[What the task requires]: Every line in the records below between the one holding "spoken-keep_if label w (s" and the one holding "(w : Word) (label : Speaker) (spans", inclusive, is to be set down exactly; all other lines are to be left out.

[Given data]:

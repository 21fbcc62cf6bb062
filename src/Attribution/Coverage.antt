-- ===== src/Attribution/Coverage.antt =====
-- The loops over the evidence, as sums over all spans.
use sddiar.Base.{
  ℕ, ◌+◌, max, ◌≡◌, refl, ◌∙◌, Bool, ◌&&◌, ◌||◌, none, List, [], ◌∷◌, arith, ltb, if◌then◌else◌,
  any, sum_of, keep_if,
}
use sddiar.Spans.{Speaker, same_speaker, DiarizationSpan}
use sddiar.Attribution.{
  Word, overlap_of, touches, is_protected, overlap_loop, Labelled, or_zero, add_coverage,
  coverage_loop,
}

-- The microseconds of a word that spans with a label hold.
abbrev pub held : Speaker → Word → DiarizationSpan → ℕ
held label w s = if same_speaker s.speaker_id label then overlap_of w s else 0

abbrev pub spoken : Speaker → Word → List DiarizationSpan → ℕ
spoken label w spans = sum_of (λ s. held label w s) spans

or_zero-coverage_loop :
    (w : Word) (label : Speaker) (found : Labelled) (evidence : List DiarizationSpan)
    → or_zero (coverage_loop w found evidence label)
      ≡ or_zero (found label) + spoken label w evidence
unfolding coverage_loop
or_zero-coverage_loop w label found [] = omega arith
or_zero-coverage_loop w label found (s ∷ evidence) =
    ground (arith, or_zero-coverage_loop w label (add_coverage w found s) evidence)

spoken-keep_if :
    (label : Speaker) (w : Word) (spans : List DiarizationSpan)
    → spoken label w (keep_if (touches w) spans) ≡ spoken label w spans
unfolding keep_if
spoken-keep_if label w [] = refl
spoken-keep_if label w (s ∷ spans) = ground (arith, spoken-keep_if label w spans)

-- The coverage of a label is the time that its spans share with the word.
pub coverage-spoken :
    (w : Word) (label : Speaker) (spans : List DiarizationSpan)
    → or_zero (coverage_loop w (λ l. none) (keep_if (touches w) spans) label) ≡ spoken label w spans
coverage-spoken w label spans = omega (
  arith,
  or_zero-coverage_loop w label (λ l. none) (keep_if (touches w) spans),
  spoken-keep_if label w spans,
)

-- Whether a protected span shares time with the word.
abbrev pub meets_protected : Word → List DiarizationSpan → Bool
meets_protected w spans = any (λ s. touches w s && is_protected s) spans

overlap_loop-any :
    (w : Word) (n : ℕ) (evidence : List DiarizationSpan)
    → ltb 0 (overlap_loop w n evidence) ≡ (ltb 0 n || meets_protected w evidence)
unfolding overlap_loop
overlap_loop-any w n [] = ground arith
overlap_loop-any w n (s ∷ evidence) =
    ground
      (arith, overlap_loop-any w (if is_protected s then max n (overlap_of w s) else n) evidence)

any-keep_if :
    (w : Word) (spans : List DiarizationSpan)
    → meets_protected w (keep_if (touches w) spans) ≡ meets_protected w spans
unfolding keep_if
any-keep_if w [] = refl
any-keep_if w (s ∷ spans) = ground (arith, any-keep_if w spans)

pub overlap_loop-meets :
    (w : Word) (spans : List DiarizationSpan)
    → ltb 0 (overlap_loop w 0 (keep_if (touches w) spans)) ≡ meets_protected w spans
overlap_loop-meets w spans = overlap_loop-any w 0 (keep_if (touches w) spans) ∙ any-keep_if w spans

...

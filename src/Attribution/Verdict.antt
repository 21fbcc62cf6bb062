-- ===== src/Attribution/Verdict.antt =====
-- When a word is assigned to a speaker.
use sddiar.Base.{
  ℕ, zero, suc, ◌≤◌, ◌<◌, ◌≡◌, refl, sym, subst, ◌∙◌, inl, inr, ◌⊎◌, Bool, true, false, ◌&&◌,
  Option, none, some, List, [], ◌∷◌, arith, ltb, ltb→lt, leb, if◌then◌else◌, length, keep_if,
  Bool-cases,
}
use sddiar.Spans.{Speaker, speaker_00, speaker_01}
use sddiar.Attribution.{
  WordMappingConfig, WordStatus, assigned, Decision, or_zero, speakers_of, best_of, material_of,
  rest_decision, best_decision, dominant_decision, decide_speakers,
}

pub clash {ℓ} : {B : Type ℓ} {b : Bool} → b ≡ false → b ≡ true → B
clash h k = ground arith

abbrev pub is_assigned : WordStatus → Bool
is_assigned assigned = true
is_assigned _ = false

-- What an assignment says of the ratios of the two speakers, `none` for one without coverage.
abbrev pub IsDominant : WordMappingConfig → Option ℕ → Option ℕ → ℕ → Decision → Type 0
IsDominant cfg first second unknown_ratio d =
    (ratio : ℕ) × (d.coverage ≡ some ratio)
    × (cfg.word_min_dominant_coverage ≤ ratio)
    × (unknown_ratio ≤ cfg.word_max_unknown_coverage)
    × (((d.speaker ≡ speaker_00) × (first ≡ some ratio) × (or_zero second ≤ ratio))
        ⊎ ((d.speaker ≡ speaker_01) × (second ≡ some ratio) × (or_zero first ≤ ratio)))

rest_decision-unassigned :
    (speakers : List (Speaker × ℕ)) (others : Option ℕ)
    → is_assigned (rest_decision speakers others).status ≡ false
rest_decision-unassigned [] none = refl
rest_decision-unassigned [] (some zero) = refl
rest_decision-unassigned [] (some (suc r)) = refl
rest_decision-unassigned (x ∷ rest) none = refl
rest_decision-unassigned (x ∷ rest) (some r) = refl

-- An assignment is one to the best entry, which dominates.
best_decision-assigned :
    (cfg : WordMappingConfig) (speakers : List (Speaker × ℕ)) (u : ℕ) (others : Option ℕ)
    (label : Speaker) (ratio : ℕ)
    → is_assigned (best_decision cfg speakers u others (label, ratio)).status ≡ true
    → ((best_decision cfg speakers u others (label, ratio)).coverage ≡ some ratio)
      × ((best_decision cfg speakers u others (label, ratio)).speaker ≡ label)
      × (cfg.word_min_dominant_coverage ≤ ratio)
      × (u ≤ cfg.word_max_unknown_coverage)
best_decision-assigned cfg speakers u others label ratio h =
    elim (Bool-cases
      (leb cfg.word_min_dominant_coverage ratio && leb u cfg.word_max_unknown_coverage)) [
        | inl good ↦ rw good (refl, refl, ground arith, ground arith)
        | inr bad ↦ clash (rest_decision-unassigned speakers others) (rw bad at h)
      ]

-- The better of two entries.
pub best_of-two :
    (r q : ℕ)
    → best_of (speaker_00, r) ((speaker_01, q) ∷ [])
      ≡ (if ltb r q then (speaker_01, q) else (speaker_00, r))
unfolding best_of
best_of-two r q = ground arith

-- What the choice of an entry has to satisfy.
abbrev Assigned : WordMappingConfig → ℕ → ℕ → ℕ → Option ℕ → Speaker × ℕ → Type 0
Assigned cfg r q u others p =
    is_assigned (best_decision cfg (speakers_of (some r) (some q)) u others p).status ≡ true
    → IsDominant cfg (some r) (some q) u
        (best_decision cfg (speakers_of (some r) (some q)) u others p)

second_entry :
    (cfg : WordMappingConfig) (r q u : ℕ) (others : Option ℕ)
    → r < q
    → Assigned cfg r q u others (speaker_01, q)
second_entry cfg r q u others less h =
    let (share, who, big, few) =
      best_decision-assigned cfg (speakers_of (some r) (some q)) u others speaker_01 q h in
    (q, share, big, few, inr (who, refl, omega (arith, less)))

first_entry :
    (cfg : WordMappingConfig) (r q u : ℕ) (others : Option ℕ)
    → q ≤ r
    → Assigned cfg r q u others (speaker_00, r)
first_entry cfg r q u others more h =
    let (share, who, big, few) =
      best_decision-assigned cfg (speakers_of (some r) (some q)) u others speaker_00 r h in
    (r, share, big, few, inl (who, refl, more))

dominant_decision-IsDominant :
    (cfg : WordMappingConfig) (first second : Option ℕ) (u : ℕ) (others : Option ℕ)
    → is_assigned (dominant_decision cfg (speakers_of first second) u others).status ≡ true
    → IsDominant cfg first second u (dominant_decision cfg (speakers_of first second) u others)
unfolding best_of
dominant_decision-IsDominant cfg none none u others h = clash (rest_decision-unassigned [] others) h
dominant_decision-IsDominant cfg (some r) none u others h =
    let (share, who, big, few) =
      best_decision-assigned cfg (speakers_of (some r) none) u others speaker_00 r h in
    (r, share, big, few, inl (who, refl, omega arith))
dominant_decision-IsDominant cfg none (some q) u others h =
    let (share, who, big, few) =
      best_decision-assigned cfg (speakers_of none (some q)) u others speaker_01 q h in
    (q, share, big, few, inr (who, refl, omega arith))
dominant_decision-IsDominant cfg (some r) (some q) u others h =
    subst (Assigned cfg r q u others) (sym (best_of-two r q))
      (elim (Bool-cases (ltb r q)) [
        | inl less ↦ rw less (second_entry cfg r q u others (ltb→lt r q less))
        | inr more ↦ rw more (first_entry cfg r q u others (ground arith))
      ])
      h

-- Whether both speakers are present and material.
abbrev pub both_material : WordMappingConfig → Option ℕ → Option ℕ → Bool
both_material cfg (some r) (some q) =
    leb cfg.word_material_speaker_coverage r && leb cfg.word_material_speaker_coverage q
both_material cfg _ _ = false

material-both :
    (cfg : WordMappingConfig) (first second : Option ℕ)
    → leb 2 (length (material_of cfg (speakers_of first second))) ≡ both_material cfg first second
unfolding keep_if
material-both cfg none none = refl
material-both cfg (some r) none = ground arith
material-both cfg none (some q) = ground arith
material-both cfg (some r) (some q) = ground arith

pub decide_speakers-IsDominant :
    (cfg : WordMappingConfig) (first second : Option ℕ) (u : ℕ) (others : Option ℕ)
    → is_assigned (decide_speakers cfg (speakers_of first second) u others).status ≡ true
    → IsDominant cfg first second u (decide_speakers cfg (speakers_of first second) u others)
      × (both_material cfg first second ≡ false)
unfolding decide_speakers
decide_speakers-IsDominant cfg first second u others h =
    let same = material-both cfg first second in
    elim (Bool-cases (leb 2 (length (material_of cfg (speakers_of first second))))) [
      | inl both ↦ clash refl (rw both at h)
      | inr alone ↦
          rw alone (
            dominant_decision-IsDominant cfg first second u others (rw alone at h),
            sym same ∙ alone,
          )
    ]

==

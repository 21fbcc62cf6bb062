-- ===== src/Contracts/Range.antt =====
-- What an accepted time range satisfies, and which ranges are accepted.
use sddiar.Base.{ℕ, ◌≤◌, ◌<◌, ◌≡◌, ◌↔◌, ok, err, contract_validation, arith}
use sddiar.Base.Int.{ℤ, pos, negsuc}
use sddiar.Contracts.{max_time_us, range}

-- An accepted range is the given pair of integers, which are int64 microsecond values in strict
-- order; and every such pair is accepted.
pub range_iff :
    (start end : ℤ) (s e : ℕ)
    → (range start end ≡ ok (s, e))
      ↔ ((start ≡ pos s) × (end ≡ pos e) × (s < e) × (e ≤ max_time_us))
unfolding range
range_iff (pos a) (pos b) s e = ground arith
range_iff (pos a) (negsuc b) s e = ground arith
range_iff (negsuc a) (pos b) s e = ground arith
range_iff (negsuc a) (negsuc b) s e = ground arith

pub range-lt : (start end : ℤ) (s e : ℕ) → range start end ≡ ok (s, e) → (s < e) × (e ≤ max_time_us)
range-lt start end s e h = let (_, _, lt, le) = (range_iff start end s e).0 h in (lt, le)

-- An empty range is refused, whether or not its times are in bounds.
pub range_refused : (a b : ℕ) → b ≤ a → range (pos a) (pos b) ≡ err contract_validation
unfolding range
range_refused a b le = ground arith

[Task answer]:
spoken-keep_if label w (s ∷ spans) = ground (arith, spoken-keep_if label w spans)

-- The coverage of a label is the time that its spans share with the word.
pub coverage-spoken :
    (w : Word) (label : Speaker) (spans : List DiarizationSpan)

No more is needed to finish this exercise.